A dominação pisana ainda está presente em Cagliari, apesar dos pesados bombardeios que destruíram grande parte da cidade durante a última guerra mundial. Mas não foi apenas o evento bélico que mudou a face de Cagliari. No século XIV, foram os Aragoneses que tiveram o domínio até a chegada dos Saboias, em 1720.
Castello
O bairro mais antigo de Cagliari é sem dúvida Castello, que também dá nome à própria cidade (Cagliari vem do sardo Casteddu e do catalão Càller). A influência pisana é bem visível no que foi o bairro dos nobres, senhores e burgueses que do alto podiam lançar o olhar para o mar. Por volta do ano 1200, foram os pisanos que deram a configuração exata à cidade que, a partir do século XX, teve uma expansão significativa com a adição de outros 29 bairros. No bairro Castello, ainda é possível admirar obras arquitetônicas de prestígio como a torre de San Pancrazio e a torre do Elefante, ambas de origem pisana. E mais: o Bastião de Saint Remy, a Catedral de Santa Maria, cuja fachada data de 1900, mas a igreja remonta ao ano 1200. Nasceu como igreja românica pisana, mas, modificada no século XVII, tornou-se barroca. A fachada é uma homenagem à cidade toscana devido à semelhança com Santa Maria de Pisa. No bairro também fica o Palácio Real (também chamado de Vice-rei) e a cidadela dos Museus (museu arqueológico nacional, museu etnográfico regional e a pinacoteca nacional).
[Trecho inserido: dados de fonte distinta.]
-- ===== src/Table/Exchanging.antt =====
-- From the balance of entries to the invariant and the view: the last step of every proof about an
-- operation that changes one entry.
use coucal.Base.{ℕ, ◌+◌, ◌≤◌, ◌≡◌, ap, ◌∙◌, Bool, not, Option, none, List, if◌then◌else◌, arith}
use coucal.Keys.Laws.{KeyLaws}
use coucal.Keys.{equal_texts}
use coucal.State.{Item, Coucal}
use coucal.Table.Entries.{first, one_if, value_of}
use coucal.Table.Layout.{Layout, weight}
use coucal.Table.Placing.{left_over}
use coucal.Table.Reading.{weight-entries}
use coucal.Table.Valid.{Valid, entry_of, misfiled}
use coucal.Table.View.{
  keyed, well_hashed, entries, view, IsOf, Exchange, exchange_once, exchange_view,
}

abbrev pub count_of : Option Item → ℕ
count_of o = left_over (λ _. 1) o

-- From `c` to `c'` an entry `old` of the key `k` made way for an entry `new` of it; either may be
-- missing.
pub record Exchanged (c : Coucal) (k : List ℕ) (old new : Option Item) (c' : Coucal) : Type 0 where
  pub layout : Layout c'
  pub custom : c'.custom ≡ c.custom
  pub pool : c'.pool ≡ c.pool
  pub used : c'.used + count_of old ≡ c.used + count_of new
  pub balance : (f : Item → ℕ) → weight f c' + left_over f old ≡ weight f c + left_over f new
  pub inside : (f : Item → ℕ) → left_over f old ≤ weight f c
  pub old_of : IsOf c.custom.key c.pool.buffer k old
  pub new_of : IsOf c.custom.key c.pool.buffer k new
  pub filed : left_over (misfiled c) new ≡ 0
  pub absent : old ≡ none → weight (λ item. one_if (entry_of c k item)) c ≡ 0

module _ (c : Coucal) (k : List ℕ) (old new : Option Item) (c' : Coucal)
    (laws : KeyLaws c.custom.key) (v : Valid c) (x : Exchanged c k old new c') where
  exchange : Exchange c.custom.key c.pool.buffer k old new (entries c) (entries c')
  exchange = record {
    balance = λ f. rw (weight-entries f c, weight-entries f c') (x.balance f);
    inside = λ f. rw (weight-entries f c) (x.inside f);
    old_of = x.old_of;
    new_of = x.new_of;
    absent = λ e. weight-entries (λ item. one_if (entry_of c k item)) c ∙ x.absent e;
    once = λ k'. rw (weight-entries (λ item. one_if (entry_of c k' item)) c) (v.once k');
  }

  -- The same tests, by the key handlers and the pool of the new state.
  same_test : (k' : List ℕ) → entry_of c' k' ≡ entry_of c k'
  same_test k' = λ i item. keyed (x.custom i).key (x.pool i).buffer k' item

  same_misfiled : misfiled c' ≡ misfiled c
  same_misfiled = λ i item. one_if (not (well_hashed (x.custom i).key (x.pool i).buffer item))

  pub Exchanged-Valid : Valid c'
  Exchanged-Valid = record {
    layout = x.layout;
    counted = omega (arith, x.used, x.balance (λ _. 1), v.counted);
    hashed =
        omega
          (arith, ap (λ f. weight f c') same_misfiled, x.balance (misfiled c), v.hashed, x.filed);
    once = λ k'. omega (
      arith,
      ap (λ (p : Item → Bool). weight (λ item. one_if (p item)) c') (same_test k'),
      weight-entries (λ item. one_if (entry_of c k' item)) c',
      exchange_once c.custom.key laws c.pool.buffer k old new (entries c) (entries c') exchange k',
    );
  }

  pub Exchanged-view :
      (k' : List ℕ)
      → view c' k' ≡ (if equal_texts c.custom.key k' k then value_of new else view c k')
  unfolding view
  Exchanged-view k' =
      ap (λ p. value_of (first p (entries c'))) (same_test k')
      ∙ exchange_view c.custom.key laws c.pool.buffer k old new (entries c) (entries c') exchange k'
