-- ===== src/Table/Slots.antt =====
-- Writes to one slot of the table or of the stash.
use coucal.Base.{
  ℕ, ◌+◌, ◌≡◌, ap, ◌∙◌, get_or, get_or-set, get_or-set_self, set-set, length-set, arith,
}
use coucal.State.{Item, null_item, Coucal}
use coucal.Table.Entries.{mass, total-set}
use coucal.Table.Finding.{Inside, inside_table, inside_stash}
use coucal.Table.Layout.{Layout, weight, set_item-home}
use coucal.Table.{Slot, in_table, in_stash, item_at, write_at, get_item}

-- A write exchanges one entry for another.
pub write_at-weight :
    (c : Coucal) (at : Slot) (item : Item) (f : Item → ℕ)
    → Layout c
    → Inside c at
    → weight f (write_at c at item) + mass f (item_at c at) ≡ weight f c + mass f item
write_at-weight c (in_table pos) item f l (inside_table _ h) =
    omega (arith, total-set f c.items pos item h)
write_at-weight c (in_stash i) item f l (inside_stash _ h) =
    omega (arith, total-set f c.stash.items i item (omega (arith, l.stash_extent, l.stash_width)))

pub item_at-write_at :
    (c : Coucal) (at : Slot) (item : Item)
    → Layout c
    → Inside c at
    → item_at (write_at c at item) at ≡ item
item_at-write_at c (in_table pos) item l (inside_table _ h) =
    get_or-set_self c.items pos item null_item h
item_at-write_at c (in_stash i) item l (inside_stash _ h) =
    get_or-set_self c.stash.items i item null_item (omega (arith, l.stash_extent, l.stash_width))

pub write_at-write_at :
    (c : Coucal) (at : Slot) (a b : Item) → write_at (write_at c at a) at b ≡ write_at c at b
write_at-write_at c (in_table pos) a b =
    ap (λ xs. record c { items = xs }) (set-set c.items pos a b)
write_at-write_at c (in_stash i) a b =
    ap (λ xs. record c { stash = record (c.stash) { items = xs } }) (set-set c.stash.items i a b)

-- A write that keeps name and hashes keeps the layout.
pub write_value-Layout :
    (c : Coucal) (at : Slot) (value : ℕ)
    → Layout c
    → Inside c at
    → Layout (write_at c at (record (item_at c at) { value = value }))
write_value-Layout c (in_table pos) value l (inside_table _ h) = record {
  lg_low = l.lg_low;
  lg_high = l.lg_high;
  width = length-set c.items pos _ ∙ l.width;
  home = set_item-home c pos (record (get_item c pos) { value = value }) l.home h (l.home pos);
  stash_width = l.stash_width;
  stash_extent = l.stash_extent;
  stash_live = l.stash_live;
  stash_clear = l.stash_clear;
}
write_value-Layout c (in_stash i) value l (inside_stash _ h) = record {
  lg_low = l.lg_low;
  lg_high = l.lg_high;
  width = l.width;
  home = l.home;
  stash_width = length-set c.stash.items i _ ∙ l.stash_width;
  stash_extent = l.stash_extent;
  stash_live = omega (
    arith,
    l.stash_live,
    total-set (λ _. 1) c.stash.items i (record (get_or c.stash.items i null_item) { value = value })
        (omega (arith, l.stash_extent, l.stash_width)),
  );
  stash_clear = λ j k. ground (
    arith,
    get_or-set c.stash.items i j (record (get_or c.stash.items i null_item) { value = value })
        null_item (omega (arith, l.stash_extent, l.stash_width)),
    l.stash_clear j,
  );
}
O bairro inteiro é protegido por muralhas e por um aterro onde os Saboias costumavam passear, ao longo do qual, nos dias festivos, apresentavam-se pequenas orquestras.
Stampace
O bairro Stampace é facilmente identificável por ser conhecido pela Igreja de Sant’Efisio, cujas celebrações, que duram quase todo o mês de maio, atraem um grande número de turistas e curiosos à cidade. O momento mais importante da festa do Santo, que, embora não seja o padroeiro de Cagliari (São Saturnino é o santo padroeiro da capital da Sardenha), é muito venerado na capital e em toda a Sardenha porque salvou a cidade da peste, é representado pelos primeiros quatro dias de maio, quando, a partir do primeiro dia, Sant’Efisio deixa a cidade puxado por bois para se dirigir à vizinha Nora (onde morreu mártir). O retorno à cidade está previsto para as últimas horas do quarto dia de maio, quando Sant’Efisio, vestido com roupas da cidade anteriormente descartadas na saída da cidade, reaparece aos habitantes de Cagliari. O cortejo é precedido por figurantes com trajes típicos sardos, por cavaleiros e amazonas (sempre com trajes sardos) vindos de toda a ilha. Stampace também é conhecido por ser o bairro dos artistas e artesãos, e faz divisa, a oeste, com o bairro nobre de Castello. No bairro de Stampace, encontra-se também a Igreja de Sant’Anna, conhecida especialmente por ter sofrido contínuos trabalhos de reconstrução e complementação, a ponto de ter sugerido um ditado sardo “Sa fabbrica de Sant’Anna” (a fábrica de Sant’Anna) para indicar, de modo totalmente irônico, algo interminável.